##### Provided data
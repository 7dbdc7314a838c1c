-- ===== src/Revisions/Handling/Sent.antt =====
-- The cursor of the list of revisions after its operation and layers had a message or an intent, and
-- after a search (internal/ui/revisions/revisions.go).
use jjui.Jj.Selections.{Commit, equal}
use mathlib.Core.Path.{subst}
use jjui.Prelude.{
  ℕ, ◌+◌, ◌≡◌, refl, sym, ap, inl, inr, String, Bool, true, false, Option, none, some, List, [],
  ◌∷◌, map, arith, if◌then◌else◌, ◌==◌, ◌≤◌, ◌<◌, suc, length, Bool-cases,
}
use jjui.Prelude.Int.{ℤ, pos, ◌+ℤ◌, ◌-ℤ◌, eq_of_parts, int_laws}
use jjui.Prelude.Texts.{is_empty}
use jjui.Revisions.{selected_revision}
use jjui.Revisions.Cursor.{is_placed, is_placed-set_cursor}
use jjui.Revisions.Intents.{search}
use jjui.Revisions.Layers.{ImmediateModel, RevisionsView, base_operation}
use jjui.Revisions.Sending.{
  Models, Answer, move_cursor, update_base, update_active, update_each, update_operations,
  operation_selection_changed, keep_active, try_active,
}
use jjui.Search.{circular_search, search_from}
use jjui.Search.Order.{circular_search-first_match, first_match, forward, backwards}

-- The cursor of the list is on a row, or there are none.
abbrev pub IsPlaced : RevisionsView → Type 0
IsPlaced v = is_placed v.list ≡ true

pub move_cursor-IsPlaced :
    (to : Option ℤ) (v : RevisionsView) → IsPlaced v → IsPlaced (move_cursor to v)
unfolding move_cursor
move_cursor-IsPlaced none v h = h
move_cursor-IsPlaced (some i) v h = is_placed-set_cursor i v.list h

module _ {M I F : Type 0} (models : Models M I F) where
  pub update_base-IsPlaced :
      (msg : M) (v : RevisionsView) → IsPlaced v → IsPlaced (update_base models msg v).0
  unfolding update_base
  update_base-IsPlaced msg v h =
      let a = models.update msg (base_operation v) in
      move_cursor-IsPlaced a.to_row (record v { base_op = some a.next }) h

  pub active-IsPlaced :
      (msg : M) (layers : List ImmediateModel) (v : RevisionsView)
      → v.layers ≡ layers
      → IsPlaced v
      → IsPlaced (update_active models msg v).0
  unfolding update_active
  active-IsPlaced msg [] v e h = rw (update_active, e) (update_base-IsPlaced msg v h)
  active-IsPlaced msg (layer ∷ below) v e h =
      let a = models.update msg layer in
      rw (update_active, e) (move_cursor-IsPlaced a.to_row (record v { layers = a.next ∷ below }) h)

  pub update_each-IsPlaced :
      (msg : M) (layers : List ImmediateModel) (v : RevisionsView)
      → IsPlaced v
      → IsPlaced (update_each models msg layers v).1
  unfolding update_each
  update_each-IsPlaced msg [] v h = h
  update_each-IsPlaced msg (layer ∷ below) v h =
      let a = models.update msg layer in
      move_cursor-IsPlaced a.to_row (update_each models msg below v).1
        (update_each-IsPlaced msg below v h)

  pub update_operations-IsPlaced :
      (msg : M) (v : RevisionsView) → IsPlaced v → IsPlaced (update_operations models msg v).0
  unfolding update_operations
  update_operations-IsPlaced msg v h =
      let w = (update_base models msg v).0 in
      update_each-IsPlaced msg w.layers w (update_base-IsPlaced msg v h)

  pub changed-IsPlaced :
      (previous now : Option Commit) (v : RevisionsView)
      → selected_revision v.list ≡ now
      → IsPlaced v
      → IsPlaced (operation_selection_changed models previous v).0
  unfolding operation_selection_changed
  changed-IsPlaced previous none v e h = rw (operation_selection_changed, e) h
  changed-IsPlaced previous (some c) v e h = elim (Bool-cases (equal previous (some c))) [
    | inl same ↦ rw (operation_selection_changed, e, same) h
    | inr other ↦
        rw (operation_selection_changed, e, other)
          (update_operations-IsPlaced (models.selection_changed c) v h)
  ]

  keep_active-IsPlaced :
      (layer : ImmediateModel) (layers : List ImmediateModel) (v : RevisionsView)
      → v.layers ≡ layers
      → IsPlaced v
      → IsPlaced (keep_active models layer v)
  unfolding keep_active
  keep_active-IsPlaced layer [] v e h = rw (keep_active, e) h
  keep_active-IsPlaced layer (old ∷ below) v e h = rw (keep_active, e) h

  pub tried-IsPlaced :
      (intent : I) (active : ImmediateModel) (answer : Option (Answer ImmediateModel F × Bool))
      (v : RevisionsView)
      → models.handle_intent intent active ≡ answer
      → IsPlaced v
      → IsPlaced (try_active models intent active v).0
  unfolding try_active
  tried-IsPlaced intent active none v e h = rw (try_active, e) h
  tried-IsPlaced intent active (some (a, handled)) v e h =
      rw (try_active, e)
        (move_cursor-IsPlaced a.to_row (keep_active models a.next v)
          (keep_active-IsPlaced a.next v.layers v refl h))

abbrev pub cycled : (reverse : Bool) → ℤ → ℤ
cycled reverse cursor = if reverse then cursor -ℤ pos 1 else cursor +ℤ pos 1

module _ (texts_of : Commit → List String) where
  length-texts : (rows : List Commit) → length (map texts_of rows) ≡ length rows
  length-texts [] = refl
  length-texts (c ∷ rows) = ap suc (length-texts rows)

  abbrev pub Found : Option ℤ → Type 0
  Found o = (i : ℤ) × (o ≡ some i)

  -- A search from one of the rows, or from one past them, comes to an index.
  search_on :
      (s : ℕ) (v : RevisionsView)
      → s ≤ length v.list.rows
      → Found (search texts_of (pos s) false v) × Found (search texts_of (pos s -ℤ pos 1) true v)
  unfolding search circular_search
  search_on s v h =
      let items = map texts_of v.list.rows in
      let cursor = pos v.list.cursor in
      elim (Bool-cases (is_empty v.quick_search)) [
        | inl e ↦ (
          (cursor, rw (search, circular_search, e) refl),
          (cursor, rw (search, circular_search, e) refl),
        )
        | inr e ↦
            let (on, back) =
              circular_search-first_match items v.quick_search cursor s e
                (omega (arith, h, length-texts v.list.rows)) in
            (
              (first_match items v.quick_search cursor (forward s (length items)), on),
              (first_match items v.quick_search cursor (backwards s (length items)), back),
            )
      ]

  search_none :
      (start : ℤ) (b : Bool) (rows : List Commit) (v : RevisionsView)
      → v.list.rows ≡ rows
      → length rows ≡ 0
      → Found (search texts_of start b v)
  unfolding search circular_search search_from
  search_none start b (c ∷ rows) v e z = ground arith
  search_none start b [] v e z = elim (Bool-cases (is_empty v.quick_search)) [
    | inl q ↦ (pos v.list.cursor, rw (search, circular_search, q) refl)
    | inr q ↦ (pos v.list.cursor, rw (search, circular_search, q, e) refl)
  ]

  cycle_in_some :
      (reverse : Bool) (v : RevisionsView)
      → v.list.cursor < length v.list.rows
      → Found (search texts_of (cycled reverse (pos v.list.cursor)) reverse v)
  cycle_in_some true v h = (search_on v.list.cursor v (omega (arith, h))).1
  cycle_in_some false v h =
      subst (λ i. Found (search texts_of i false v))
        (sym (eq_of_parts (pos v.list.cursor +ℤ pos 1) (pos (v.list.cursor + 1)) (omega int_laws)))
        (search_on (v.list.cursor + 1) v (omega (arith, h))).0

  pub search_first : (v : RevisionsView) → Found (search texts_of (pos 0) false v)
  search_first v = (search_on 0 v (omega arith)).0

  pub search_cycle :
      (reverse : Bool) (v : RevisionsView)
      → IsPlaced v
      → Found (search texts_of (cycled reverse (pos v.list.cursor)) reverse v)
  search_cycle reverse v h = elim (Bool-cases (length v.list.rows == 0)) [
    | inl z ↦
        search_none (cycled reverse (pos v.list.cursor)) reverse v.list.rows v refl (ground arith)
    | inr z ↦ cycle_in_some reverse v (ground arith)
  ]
##########
##### Provided data
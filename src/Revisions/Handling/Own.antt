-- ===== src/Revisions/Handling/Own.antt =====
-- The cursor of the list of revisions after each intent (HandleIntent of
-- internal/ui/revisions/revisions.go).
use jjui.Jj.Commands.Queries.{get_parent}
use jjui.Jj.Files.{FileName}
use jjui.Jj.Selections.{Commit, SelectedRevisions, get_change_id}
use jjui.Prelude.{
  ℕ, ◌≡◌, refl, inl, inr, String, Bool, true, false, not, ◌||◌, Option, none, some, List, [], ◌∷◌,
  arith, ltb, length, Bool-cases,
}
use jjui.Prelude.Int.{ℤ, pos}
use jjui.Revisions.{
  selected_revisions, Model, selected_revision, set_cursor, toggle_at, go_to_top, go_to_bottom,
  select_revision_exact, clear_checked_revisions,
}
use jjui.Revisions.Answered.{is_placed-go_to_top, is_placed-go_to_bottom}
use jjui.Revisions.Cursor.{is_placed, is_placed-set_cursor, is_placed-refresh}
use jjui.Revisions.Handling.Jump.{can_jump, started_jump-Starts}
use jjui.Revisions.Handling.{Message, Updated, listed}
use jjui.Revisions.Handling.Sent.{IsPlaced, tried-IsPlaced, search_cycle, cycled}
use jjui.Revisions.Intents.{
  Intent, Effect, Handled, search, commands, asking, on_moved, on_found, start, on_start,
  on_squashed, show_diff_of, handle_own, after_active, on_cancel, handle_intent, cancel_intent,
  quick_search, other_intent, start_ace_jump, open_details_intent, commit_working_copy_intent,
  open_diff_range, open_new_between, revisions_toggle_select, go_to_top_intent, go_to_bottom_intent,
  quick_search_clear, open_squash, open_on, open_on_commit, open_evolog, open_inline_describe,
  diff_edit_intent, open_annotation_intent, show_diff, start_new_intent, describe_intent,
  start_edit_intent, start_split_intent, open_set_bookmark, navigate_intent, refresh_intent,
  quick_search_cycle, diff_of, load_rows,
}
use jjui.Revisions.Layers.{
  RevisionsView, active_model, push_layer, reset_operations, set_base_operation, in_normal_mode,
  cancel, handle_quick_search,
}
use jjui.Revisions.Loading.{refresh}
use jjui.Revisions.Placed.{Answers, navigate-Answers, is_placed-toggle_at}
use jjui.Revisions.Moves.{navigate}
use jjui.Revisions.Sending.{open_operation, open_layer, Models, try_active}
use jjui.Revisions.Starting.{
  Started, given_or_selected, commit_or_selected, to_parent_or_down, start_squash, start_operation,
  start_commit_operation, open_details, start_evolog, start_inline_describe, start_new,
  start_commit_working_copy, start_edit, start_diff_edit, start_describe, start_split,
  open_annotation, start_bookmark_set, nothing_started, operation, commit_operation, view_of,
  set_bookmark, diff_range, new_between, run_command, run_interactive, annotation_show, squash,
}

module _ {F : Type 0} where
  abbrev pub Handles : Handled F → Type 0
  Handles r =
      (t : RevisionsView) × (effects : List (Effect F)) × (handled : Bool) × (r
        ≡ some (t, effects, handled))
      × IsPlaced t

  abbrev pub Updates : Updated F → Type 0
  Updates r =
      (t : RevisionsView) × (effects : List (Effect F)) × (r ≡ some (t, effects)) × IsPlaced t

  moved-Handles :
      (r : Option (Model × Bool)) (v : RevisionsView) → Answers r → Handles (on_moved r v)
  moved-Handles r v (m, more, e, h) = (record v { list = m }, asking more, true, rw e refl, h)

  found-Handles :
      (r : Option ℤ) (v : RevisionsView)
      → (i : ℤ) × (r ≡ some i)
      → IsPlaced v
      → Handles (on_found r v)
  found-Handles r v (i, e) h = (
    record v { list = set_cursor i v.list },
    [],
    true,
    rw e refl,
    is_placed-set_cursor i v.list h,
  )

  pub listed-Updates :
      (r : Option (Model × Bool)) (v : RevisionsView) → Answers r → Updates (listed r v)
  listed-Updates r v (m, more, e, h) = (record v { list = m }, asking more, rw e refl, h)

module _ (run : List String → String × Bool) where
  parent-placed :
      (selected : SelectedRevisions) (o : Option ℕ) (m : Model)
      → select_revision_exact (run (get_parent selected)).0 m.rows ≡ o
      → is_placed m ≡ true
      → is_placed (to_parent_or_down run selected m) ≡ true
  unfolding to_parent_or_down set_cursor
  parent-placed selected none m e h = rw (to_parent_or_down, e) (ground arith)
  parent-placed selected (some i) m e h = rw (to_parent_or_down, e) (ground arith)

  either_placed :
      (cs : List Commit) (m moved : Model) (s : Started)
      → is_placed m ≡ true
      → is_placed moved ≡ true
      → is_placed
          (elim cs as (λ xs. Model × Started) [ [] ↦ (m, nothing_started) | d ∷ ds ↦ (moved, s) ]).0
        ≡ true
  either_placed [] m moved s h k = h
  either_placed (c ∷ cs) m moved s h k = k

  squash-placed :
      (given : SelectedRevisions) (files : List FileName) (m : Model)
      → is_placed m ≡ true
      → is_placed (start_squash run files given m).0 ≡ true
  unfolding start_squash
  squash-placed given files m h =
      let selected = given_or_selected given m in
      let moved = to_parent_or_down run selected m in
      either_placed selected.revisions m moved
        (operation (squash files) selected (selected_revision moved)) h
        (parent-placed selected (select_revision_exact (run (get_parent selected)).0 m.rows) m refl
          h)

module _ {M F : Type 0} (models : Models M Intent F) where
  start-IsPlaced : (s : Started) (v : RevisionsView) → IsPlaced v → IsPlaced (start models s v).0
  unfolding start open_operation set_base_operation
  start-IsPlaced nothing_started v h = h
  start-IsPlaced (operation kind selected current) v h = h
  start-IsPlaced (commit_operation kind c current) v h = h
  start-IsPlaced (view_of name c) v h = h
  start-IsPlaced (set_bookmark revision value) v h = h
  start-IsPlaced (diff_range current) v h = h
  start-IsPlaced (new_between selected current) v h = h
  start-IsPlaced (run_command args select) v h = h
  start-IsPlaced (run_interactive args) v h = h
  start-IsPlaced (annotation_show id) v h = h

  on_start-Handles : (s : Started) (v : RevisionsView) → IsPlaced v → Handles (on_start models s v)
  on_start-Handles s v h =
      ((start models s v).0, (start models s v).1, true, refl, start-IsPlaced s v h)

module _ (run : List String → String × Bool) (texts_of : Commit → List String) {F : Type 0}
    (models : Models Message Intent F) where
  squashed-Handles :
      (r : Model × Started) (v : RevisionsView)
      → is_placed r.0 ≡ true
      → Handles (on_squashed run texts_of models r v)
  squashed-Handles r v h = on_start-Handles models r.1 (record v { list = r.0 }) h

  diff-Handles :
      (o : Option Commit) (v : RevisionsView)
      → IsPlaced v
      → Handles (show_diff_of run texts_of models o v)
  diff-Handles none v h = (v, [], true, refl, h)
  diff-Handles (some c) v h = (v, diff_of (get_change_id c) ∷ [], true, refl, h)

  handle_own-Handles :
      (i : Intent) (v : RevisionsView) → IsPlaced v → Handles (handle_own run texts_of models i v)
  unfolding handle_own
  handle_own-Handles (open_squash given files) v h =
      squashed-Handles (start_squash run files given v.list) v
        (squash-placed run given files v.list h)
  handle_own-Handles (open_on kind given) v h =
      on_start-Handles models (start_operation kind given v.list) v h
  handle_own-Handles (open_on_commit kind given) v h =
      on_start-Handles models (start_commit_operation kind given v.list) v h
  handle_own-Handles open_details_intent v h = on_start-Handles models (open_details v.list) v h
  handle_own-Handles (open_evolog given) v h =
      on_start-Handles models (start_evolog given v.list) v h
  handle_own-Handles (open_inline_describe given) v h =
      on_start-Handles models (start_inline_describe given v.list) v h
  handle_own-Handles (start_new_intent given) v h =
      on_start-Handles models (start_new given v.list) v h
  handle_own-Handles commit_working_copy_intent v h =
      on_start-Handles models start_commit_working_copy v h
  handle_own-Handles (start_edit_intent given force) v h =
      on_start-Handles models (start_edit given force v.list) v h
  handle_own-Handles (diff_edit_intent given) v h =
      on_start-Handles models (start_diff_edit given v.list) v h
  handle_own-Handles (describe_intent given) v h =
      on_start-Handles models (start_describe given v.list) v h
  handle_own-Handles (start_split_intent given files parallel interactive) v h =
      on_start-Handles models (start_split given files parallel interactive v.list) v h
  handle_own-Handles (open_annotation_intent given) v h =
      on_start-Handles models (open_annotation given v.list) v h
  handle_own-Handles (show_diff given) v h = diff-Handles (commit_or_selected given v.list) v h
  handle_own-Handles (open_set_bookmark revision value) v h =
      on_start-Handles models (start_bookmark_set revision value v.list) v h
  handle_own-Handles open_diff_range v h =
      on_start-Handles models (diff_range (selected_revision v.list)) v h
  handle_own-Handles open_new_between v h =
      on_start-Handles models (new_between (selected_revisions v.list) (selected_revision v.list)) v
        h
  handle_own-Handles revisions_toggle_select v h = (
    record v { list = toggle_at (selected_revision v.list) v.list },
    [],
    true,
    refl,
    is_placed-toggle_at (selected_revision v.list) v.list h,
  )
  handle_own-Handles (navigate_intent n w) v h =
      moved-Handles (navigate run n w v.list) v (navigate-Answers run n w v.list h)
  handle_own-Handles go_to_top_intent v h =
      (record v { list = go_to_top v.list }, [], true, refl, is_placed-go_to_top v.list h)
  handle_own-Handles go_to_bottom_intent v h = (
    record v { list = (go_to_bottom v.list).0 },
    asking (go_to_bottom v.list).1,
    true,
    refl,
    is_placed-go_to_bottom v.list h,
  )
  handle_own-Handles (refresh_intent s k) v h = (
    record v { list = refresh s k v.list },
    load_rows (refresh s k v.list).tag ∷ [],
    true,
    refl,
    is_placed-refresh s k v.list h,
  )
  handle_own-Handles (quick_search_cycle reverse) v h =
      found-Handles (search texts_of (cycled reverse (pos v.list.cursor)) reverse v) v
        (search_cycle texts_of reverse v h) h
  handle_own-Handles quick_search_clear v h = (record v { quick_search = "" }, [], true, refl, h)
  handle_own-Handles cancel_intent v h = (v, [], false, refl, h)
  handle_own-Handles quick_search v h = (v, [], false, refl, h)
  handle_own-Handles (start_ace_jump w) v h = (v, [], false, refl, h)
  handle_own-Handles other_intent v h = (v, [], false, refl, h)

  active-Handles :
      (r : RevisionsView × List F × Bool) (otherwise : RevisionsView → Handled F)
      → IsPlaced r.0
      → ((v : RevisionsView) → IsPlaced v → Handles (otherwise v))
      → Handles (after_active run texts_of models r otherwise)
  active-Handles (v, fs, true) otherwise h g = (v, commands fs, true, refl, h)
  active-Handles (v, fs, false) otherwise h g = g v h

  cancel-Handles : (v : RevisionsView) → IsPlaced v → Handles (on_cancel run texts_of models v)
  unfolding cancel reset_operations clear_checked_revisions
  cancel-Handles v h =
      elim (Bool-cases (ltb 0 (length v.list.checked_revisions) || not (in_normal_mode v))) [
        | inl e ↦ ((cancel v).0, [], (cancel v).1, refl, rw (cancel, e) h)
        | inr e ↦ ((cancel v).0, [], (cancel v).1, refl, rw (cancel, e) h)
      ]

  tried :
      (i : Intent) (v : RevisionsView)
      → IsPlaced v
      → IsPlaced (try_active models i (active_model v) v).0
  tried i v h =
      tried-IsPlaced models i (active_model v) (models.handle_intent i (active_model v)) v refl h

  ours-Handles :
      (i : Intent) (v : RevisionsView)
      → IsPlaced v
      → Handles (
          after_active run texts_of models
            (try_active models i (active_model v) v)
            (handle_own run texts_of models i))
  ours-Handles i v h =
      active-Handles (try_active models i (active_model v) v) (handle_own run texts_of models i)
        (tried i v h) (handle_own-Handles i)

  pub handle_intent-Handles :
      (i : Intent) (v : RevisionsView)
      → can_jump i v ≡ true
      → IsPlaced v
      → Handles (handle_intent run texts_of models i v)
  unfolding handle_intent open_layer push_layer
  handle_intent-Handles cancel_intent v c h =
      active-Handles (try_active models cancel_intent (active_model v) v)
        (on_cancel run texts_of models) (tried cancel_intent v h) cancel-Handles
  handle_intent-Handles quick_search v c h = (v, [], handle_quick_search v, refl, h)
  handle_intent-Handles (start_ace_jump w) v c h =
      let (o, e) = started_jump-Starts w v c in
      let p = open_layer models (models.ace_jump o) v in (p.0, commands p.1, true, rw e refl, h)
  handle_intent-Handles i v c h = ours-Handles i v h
##########
Task goal
In the entries above, find each line that includes the string "value" and copy it.

Result below
  start-IsPlaced (set_bookmark revision value) v h = h
  handle_own-Handles (open_set_bookmark revision value) v h =
      on_start-Handles models (start_bookmark_set revision value v.list) v h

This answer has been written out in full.